# UP's One Picture a Day Thread!



## UnitedPakistan (Jun 12, 2004)

*UP's Picture Thread!*

I have visited most of Pakistan and photographed it all this summer and I have made frequent visits to New England in the states. I will use this thread to showcase some of my photos and provide a story behind them.


----------



## UnitedPakistan (Jun 12, 2004)

*This photo was taken at Astore, it is located right below Deosai Plains where the Kargil Conflict occured. I took this coming from Deosai Plains and we were forced to cool the engine as the road was steep and unpaved.
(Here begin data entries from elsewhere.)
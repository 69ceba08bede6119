-- ===== src/Stream.antt =====
-- server/quazal/src/rmc/basic.rs: `ReadStream` and `WriteStream`, and the encodings of numbers,
-- arrays, buffers, collections and strings. A reader takes the bytes that are left; a write to a
-- vector never fails, so a writer is the bytes that it appends.
pub mod Laws
pub mod Limits
pub mod Collections
mod Tests
use scbl.Prelude.{
  ℕ, zero, suc, ◌+◌, ◌*◌, ◌%◌, ◌^◌, ltb, leb, ◌==◌, Bool, not, List, [], ◌∷◌, ◌++◌, length, take,
  drop, is_empty, Option, Outcome, ok, err, ok_or, map_err, ◌>>=◌, if◌then◌else◌,
}
use scbl.ByteOrder.{ByteOrder, to_le_bytes}

abbrev pub max_length_prefixed_bytes : ℕ
max_length_prefixed_bytes = 1024 * 1024

abbrev pub max_collection_items : ℕ
max_collection_items = 65536

-- `FromStreamError`. The values inside the parsing errors are only logged.
pub data FromStreamError : Type 0 where
  io : FromStreamError
  missing_bytes : ℕ → FromStreamError
  parse_int parse_station_url parse_c_string utf8 : FromStreamError
  length_limit_exceeded : ℕ → ℕ → FromStreamError
  allocation_failed : ℕ → FromStreamError

-- `FromStream::from_stream`.
abbrev pub Reader {ℓ} : Type ℓ → Type ℓ
Reader A = List ℕ → Outcome FromStreamError (A × List ℕ)

-- `for _ in 0..len`, which stops at the first error.
unfoldable pub read_items {ℓ} : {A : Type ℓ} → Reader A → ℕ → Reader (List A)
read_items read zero rdr = ok ([], rdr)
read_items read (suc n) rdr =
    read rdr >>= λ item. read_items read n item.1 >>= λ rest. ok (item.0 ∷ rest.0, rest.1)

module _ (bo : ByteOrder) where
  unfoldable pub read_u8 : Reader ℕ
  read_u8 rdr = ok_or (bo.read_u8 rdr) io

  unfoldable pub read_u16 : Reader ℕ
  read_u16 rdr = ok_or (bo.read_u16 rdr) io

  unfoldable pub read_u32 : Reader ℕ
  read_u32 rdr = ok_or (bo.read_u32 rdr) io

  unfoldable pub read_u64 : Reader ℕ
  read_u64 rdr = ok_or (bo.read_u64 rdr) io

  unfoldable pub read_bool : Reader Bool
  unfolding read_u8
  read_bool rdr = read_u8 rdr >>= λ b. ok (not (b.0 == 0), b.1)

-- `can_reserve` says which numbers of items `try_reserve_exact` grants, for the size of the items of the
-- vector: these are bytes.
module _ (can_reserve : ℕ → Bool) where
  unfoldable pub read_n_bytes : ℕ → Reader (List ℕ)
  read_n_bytes l rdr =
      if ltb max_length_prefixed_bytes l
      then err (length_limit_exceeded l max_length_prefixed_bytes)
      else if not (can_reserve l)
      then err (allocation_failed l)
      else if leb l (length rdr)
      then ok (take l rdr, drop l rdr)
      else err (missing_bytes l)

  -- `[u8; N]`.
  unfoldable pub read_array : ℕ → Reader (List ℕ)
  read_array n rdr = read_n_bytes n rdr >>= λ buf. if length buf.0 == n then ok buf else err io

module _ (bo : ByteOrder) (can_reserve : ℕ → Bool) where
  unfoldable pub buf_u8 : Reader (List ℕ)
  buf_u8 rdr = read_u8 bo rdr >>= λ l. read_n_bytes can_reserve l.0 l.1

  unfoldable pub buf_u16 : Reader (List ℕ)
  buf_u16 rdr = read_u16 bo rdr >>= λ l. read_n_bytes can_reserve l.0 l.1

  unfoldable pub buf_u32 : Reader (List ℕ)
  buf_u32 rdr = read_u32 bo rdr >>= λ l. read_n_bytes can_reserve l.0 l.1

  -- `Vec<T>`; here `can_reserve` is that of the items which `read` reads, and counts them.
  unfoldable pub read_vec {ℓ} : {A : Type ℓ} → Reader A → Reader (List A)
  read_vec read rdr = read_u32 bo rdr >>= λ len.
      if ltb max_collection_items len.0
      then err (length_limit_exceeded len.0 max_collection_items)
      else if not (can_reserve len.0)
      then err (allocation_failed len.0)
      else read_items read len.0 len.1

-- `CString::from_vec_with_nul`: the bytes before the only zero, which stands at the end.
unfoldable pub from_vec_with_nul : List ℕ → Outcome FromStreamError (List ℕ)
from_vec_with_nul [] = err parse_c_string
from_vec_with_nul (b ∷ bs) =
    let rest = from_vec_with_nul bs in
    if b == 0
    then (if is_empty bs then ok [] else err parse_c_string)
    else (rest >>= λ text. ok (b ∷ text))

module _ (bo : ByteOrder) (can_reserve : ℕ → Bool) where
  unfoldable pub read_c_string : Reader (List ℕ)
  unfolding from_vec_with_nul
  read_c_string rdr = read_u16 bo rdr >>= λ len.
      if len.0 == 0
      then ok ([], len.1)
      else (read_n_bytes can_reserve len.0 len.1 >>= λ buf.
          from_vec_with_nul buf.0 >>= λ text. ok (text, buf.1))

unfoldable pub write_bool : Bool → List ℕ
write_bool b = if b then 1 ∷ [] else 0 ∷ []

unfoldable pub write_buf_u8 : List ℕ → List ℕ
write_buf_u8 bytes = (length bytes % 256) ∷ bytes

unfoldable pub write_buf_u16 : List ℕ → List ℕ
write_buf_u16 bytes = to_le_bytes 2 (length bytes % 65536) ++ bytes

unfoldable pub write_buf_u32 : List ℕ → List ℕ
write_buf_u32 bytes = to_le_bytes 4 (length bytes % 2 ^ 32) ++ bytes

unfoldable pub write_items {ℓ} : {A : Type ℓ} → (A → List ℕ) → List A → List ℕ
write_items write [] = []
write_items write (item ∷ items) = write item ++ write_items write items

unfoldable pub write_vec {ℓ} : {A : Type ℓ} → (A → List ℕ) → List A → List ℕ
write_vec write items = to_le_bytes 4 (length items % 2 ^ 32) ++ write_items write items

-- `String::to_stream`; `data.len() as u16 + 1` wraps, as it does without overflow checks.
unfoldable pub write_string : List ℕ → List ℕ
write_string [] = to_le_bytes 2 0
write_string (b ∷ text) =
    to_le_bytes 2 ((length (b ∷ text) % 65536 + 1) % 65536) ++ ((b ∷ text) ++ (0 ∷ []))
It is quite remote and PTDC the only hotel in the area does not have proper facilities because of mismanagement and new construction. Slowly, this area will be developed because of the new PTDC. The locals sometimes come up to the yard in front of the PTDC to dance.*


----------



## jbkayaker12 (Nov 8, 2004)

Let him start a thread regarding his travels and you start a thread regarding the Pakistani/Indian conflict. It'll be interesting for others to read both sides response. Nice mountain scenery. ^^


----------



## UnitedPakistan (Jun 12, 2004)

Please, ignore all bait posted by certain trouble forumers.


----------



## IU (Apr 8, 2006)

Just helping out!  and elaborating on your description. Some History is also vital for describing a place.


----------



## gothicform (Jul 25, 2002)

look you fucking twonk, you post again here and waste my time in moderating i will just ban you. i have better things to do than wipe up your shit. now **** off.


----------



## IU (Apr 8, 2006)

:bow:


----------



## jbkayaker12 (Nov 8, 2004)

Keep posting mountain sceneries in your country. I love nature!!


----------



## UnitedPakistan (Jun 12, 2004)

jbkayaker12 said:


> Keep posting mountain sceneries in your country. I love nature!!


Do not worry!

2,000 pics from where that came from!:banana:


----------



## jbkayaker12 (Nov 8, 2004)

Perhaps you should do more than 1 picture/day, hehehe! I do the same where I am from, I've got lots of pictures. It's great when you are out there enjoying nature and at the same time taking pictures.


----------



## UnitedPakistan (Jun 12, 2004)

jbkayaker12 said:


> Perhaps you should do more than 1 picture/day, hehehe! I do the same where I am from, I've got lots of pictures. It's great when you are out there enjoying nature and at the same time taking pictures.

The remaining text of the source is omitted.